Colin Campbell: I’d say both approaches took place. Initially Chris generated pages of lyrics about his perceptions and experiences in the industry over the past 20 or so years. He had some general ideas about what type of feel or style certain lyrics could fit with – like hurtin’ blues or country rock or whatever. I filtered the lyrics through my head, got a main idea or concept to run with then re-shaped, added, deleted and ultimately wrote more lyrics with the idea of making them fit a musical structure. With other tunes I had a musical idea or hook in my head that I thought could develop into a good groove or set of changes. I purposely moved the ‘musical styles’ all over the place in an attempt to connect with as many of the people in the workplace as possible. If you like country, funk, blues, rock, reggae, jazz, you’ll hopefully find something to suit your musical palate on the CD. This approach might make the CD harder to promote since it doesn’t lend itself to compartmentalization or packaging where you could say for instance that this is a collection of 14 blues tunes or 14 R&B selections. On the other hand a lot of people don’t want a CD with the same genre of music from start to finish.
Burns: Is Tig Wired a band or a project?
Colin: Project. Again, I’d say its both. It was a concept of Chris’ which led to a project, which led to the utilization of some local musicians/friends/fellow band members of mine to air out some of my ideas in live and studio settings, which led right back to the further development of the project. At the moment Tig Wired isn’t performing but if we were presented with the opportunity to play a series of gigs the ‘band’ would get together in a hurry.
Burns: Where does the name come from?
Chris: TIG is a form of welding on the upper end of the technique scale, and I felt Tig Wired would be a name easily recognized by the people we are getting the message out to.
Burns: You’re based in Canada. How has the album been received locally?
Chris: Locally, now there’s a concept. I guess because the idea behind the Tig Wired project is aimed at such a wide variety of people (age, trade, locations where they live, jobs they are working at etc..) that local exposure really would mean exposure to the trades people out there in the shops, refineries, power plants and pulp mills. I’ve packed the CD along with me to shutdowns/turnarounds and am selling them to the people whom I work with. Needless to say, the reception is great as it relates so well to those people who are also on the road working. Sales across Canada are OK and also there have been requests to send the CD abroad to places like Japan, Australia, Europe, and Arabia where there seems to be a decent reception to it. Some of the Union Halls have helped out by selling the CD for us.

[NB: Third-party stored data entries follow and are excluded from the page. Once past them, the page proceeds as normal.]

-- ===== src/Cache/Prefs/Paths.antt =====
-- What is read after preferences are set.
use mathlib.Core.Path.{subst}
use qtoggleserver.Base.{
  ◌≡◌, ◌≢◌, refl, sym, ap, ◌∙◌, Bool, true, false, Option, none, some, List, [], ◌∷◌, if◌then◌else◌,
  String, arith, ◌⊎◌, inl, inr, Bool-cases, Option-cases,
}
use text.Mathlib.Text.{◌==◌ as str_eq}
use text.Mathlib.TextEquality.{eq_iff}
use qtoggleserver.Cache.Lookup.{text_refl, same_text}
use qtoggleserver.Cache.Prefs.{
  Value, Fields, Result, null, leaf, object, end, field, found, default, type_error, get_field,
  set_field, get_prefs, next_object, set_prefs_rec, set_prefs,
}

-- The two paths part at some key.
unfoldable pub Apart : List String → List String → Type 0
Apart [] q = ⊥
Apart (k ∷ p) [] = ⊥
Apart (k ∷ p) (l ∷ q) = (str_eq k l ≡ false) ⊎ ((str_eq k l ≡ true) × Apart p q)

module _ {A : Type 0} where
  get-set_field :
      (k j : String) (v : Value A) (fs : Fields A)
      → get_field j (set_field k v fs) ≡ (if str_eq k j then some v else get_field j fs)
  unfolding get_field set_field
  get-set_field k j v end = refl
  get-set_field k j v (field i w fs) =
      ground (arith, eq_iff k j, eq_iff i k, eq_iff i j, get-set_field k j v fs)

  abbrev read : List String → Option (Value A) → Result A
  read path none = default
  read path (some v) = get_prefs path v

  get_prefs-object :
      (k : String) (path : List String) (fs : Fields A)
      → get_prefs (k ∷ path) (object fs) ≡ read path (get_field k fs)
  unfolding get_prefs
  get_prefs-object k path fs = elim (Option-cases (get_field k fs)) [
    | inl (v, e) ↦ rw (e, get_prefs) refl
    | inr e ↦ rw (e, get_prefs) refl
  ]

  -- What is read under a key after another value is set under a key.
  get-prefs_set :
      (k l : String) (v : Value A) (path : List String) (fs : Fields A)
      → get_prefs (l ∷ path) (object (set_field k v fs))
        ≡ (if str_eq k l then get_prefs path v else get_prefs (l ∷ path) (object fs))
  get-prefs_set k l v path fs = elim (Bool-cases (str_eq k l)) [
    | inl h ↦
        get_prefs-object l path (set_field k v fs)
        ∙ ap (read path) (get-set_field k l v fs)
        ∙ rw h refl
    | inr h ↦
        get_prefs-object l path (set_field k v fs)
        ∙ ap (read path) (get-set_field k l v fs)
        ∙ rw h (sym (get_prefs-object l path fs))
  ]

  -- What the code relies on of `ObjectUtils.isObject`.
  pub record Tells (is_object : Value A → Bool) : Type 0 where
    pub yes_object : (fs : Fields A) → is_object (object fs) ≡ true
    pub no_leaf : (a : A) → is_object (leaf a) ≡ false
    pub no_null : is_object null ≡ false

  module _ (is_object : Value A → Bool) where
    get-set_rec :
        (k : String) (path : List String) (value : Value A) (fs : Fields A)
        → get_prefs (k ∷ path) (object (set_prefs_rec is_object k path value fs)) ≡ found value
    unfolding set_prefs_rec get_prefs
    get-set_rec k [] value fs = get-prefs_set k k value [] fs ∙ rw (text_refl k) refl
    get-set_rec k (l ∷ path) value fs =
        get-prefs_set k k _ (l ∷ path) fs
        ∙ rw (text_refl k) (get-set_rec l path value (next_object is_object k fs))

    -- In preferences that are an object a value can be set at any path, and is read there.
    pub get-set_prefs :
        (path : List String) (value : Value A) (fs : Fields A)
        → (q : Value A) × (set_prefs is_object path value (object fs) ≡ some q)
          × (get_prefs path q ≡ found value)
    unfolding set_prefs get_prefs
    get-set_prefs [] value fs = (value, refl, refl)
    get-set_prefs (k ∷ path) value fs = (_, refl, get-set_rec k path value fs)

  module _ (is_object : Value A → Bool) (tells : Tells is_object) where
    get-end : (p q : List String) → Apart p q → get_prefs {A = A} q (object end) ≡ default
    unfolding Apart get_prefs get_field
    get-end [] q a = absurd a
    get-end (k ∷ p) [] a = absurd a
    get-end (k ∷ p) (l ∷ q) a = refl

    get-null : (p q : List String) → Apart p q → get_prefs {A = A} q null ≡ type_error
    unfolding Apart get_prefs
    get-null [] q a = absurd a
    get-null (k ∷ p) [] a = absurd a
    get-null (k ∷ p) (l ∷ q) a = refl

    get-leaf : (b : A) (p q : List String) → Apart p q → get_prefs q (leaf b) ≡ default
    unfolding Apart get_prefs
    get-leaf b [] q a = absurd a
    get-leaf b (k ∷ p) [] a = absurd a
    get-leaf b (k ∷ p) (l ∷ q) a = refl

    -- An object that is put in the place of no object has none of the other properties.
    get-next :
        (k m : String) (p q : List String) (fs : Fields A)
        → Apart (m ∷ p) q
        → get_prefs (k ∷ q) (object fs) ≢ type_error
        → get_prefs q (object (next_object is_object k fs)) ≡ get_prefs (k ∷ q) (object fs)
    unfolding next_object
    get-next k m p q fs a safe = elim (Option-cases (get_field k fs)) [
      | inr e ↦ rw (get_prefs-object k q fs) rw (e, next_object) (get-end (m ∷ p) q a)
      | inl (null, e) ↦ absurd (safe (get_prefs-object k q fs ∙ rw e (get-null (m ∷ p) q a)))
      | inl (leaf b, e) ↦
          rw (get_prefs-object k q fs) rw (e, next_object) rw (tells.no_leaf b)
            (get-end (m ∷ p) q a ∙ sym (get-leaf b (m ∷ p) q a))
      | inl (object gs, e) ↦
          rw (get_prefs-object k q fs) rw (e, next_object) rw (tells.yes_object gs) refl
    ]

    get-set_rec_other :
        (k : String) (p q : List String) (value : Value A) (fs : Fields A)
        → Apart (k ∷ p) q
        → get_prefs q (object fs) ≢ type_error
        → get_prefs q (object (set_prefs_rec is_object k p value fs)) ≡ get_prefs q (object fs)
    unfolding Apart set_prefs_rec
    get-set_rec_other k p [] value fs a safe = absurd a
    get-set_rec_other k [] (l ∷ q) value fs (inl h) safe = get-prefs_set k l value q fs ∙ rw h refl
    get-set_rec_other k [] (l ∷ q) value fs (inr (h, a)) safe = absurd a
    get-set_rec_other k (m ∷ p) (l ∷ q) value fs (inl h) safe = get-prefs_set k l _ q fs ∙ rw h refl
    get-set_rec_other k (m ∷ p) (l ∷ q) value fs (inr (h, a)) safe =
        let n =
          subst
            (λ t. get_prefs q (object (next_object is_object t fs)) ≡ get_prefs (l ∷ q) (object fs))
            (sym (same_text k l h)) (get-next l m p q fs a safe) in
        get-prefs_set k l _ q fs
        ∙ rw h (
            get-set_rec_other m p q value (next_object is_object k fs) a (λ t. safe (sym n ∙ t))
            ∙ n)

    -- What is read at a path that parts from it is as before, unless reading there was an error.
    pub get-set_prefs_other :
        (path q : List String) (value : Value A) (fs : Fields A)
        → Apart path q
        → get_prefs q (object fs) ≢ type_error
        → (r : Value A) × (set_prefs is_object path value (object fs) ≡ some r)
          × (get_prefs q r ≡ get_prefs q (object fs))
    unfolding set_prefs
    get-set_prefs_other [] q value fs a safe = absurd (unfold Apart in a)
    get-set_prefs_other (k ∷ path) q value fs a safe =
        (_, refl, get-set_rec_other k path q value fs a safe)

The music scene has not really picked up on the project at this point but it has received good exposure from the work force such as Union newsletters throughout North America, from several of the trades. A couple of the tunes do speak of the need to work safe and smart and it’s been good to see the Unions and contracting companies willing to use the safety message offered as a way of reaching workers from ‘outside of the box’ mentality. We have also had construction companies purchase the CD as a recognition or safety award to give out to their employees, something different than a hat or a mug. So locally speaking the reception to the audience it is aimed for is good. We have been getting radio play from the college / university stations as well as CBC and public radio like CKUA in Alberta. It’s good to see the support offered to independent recording from these venues.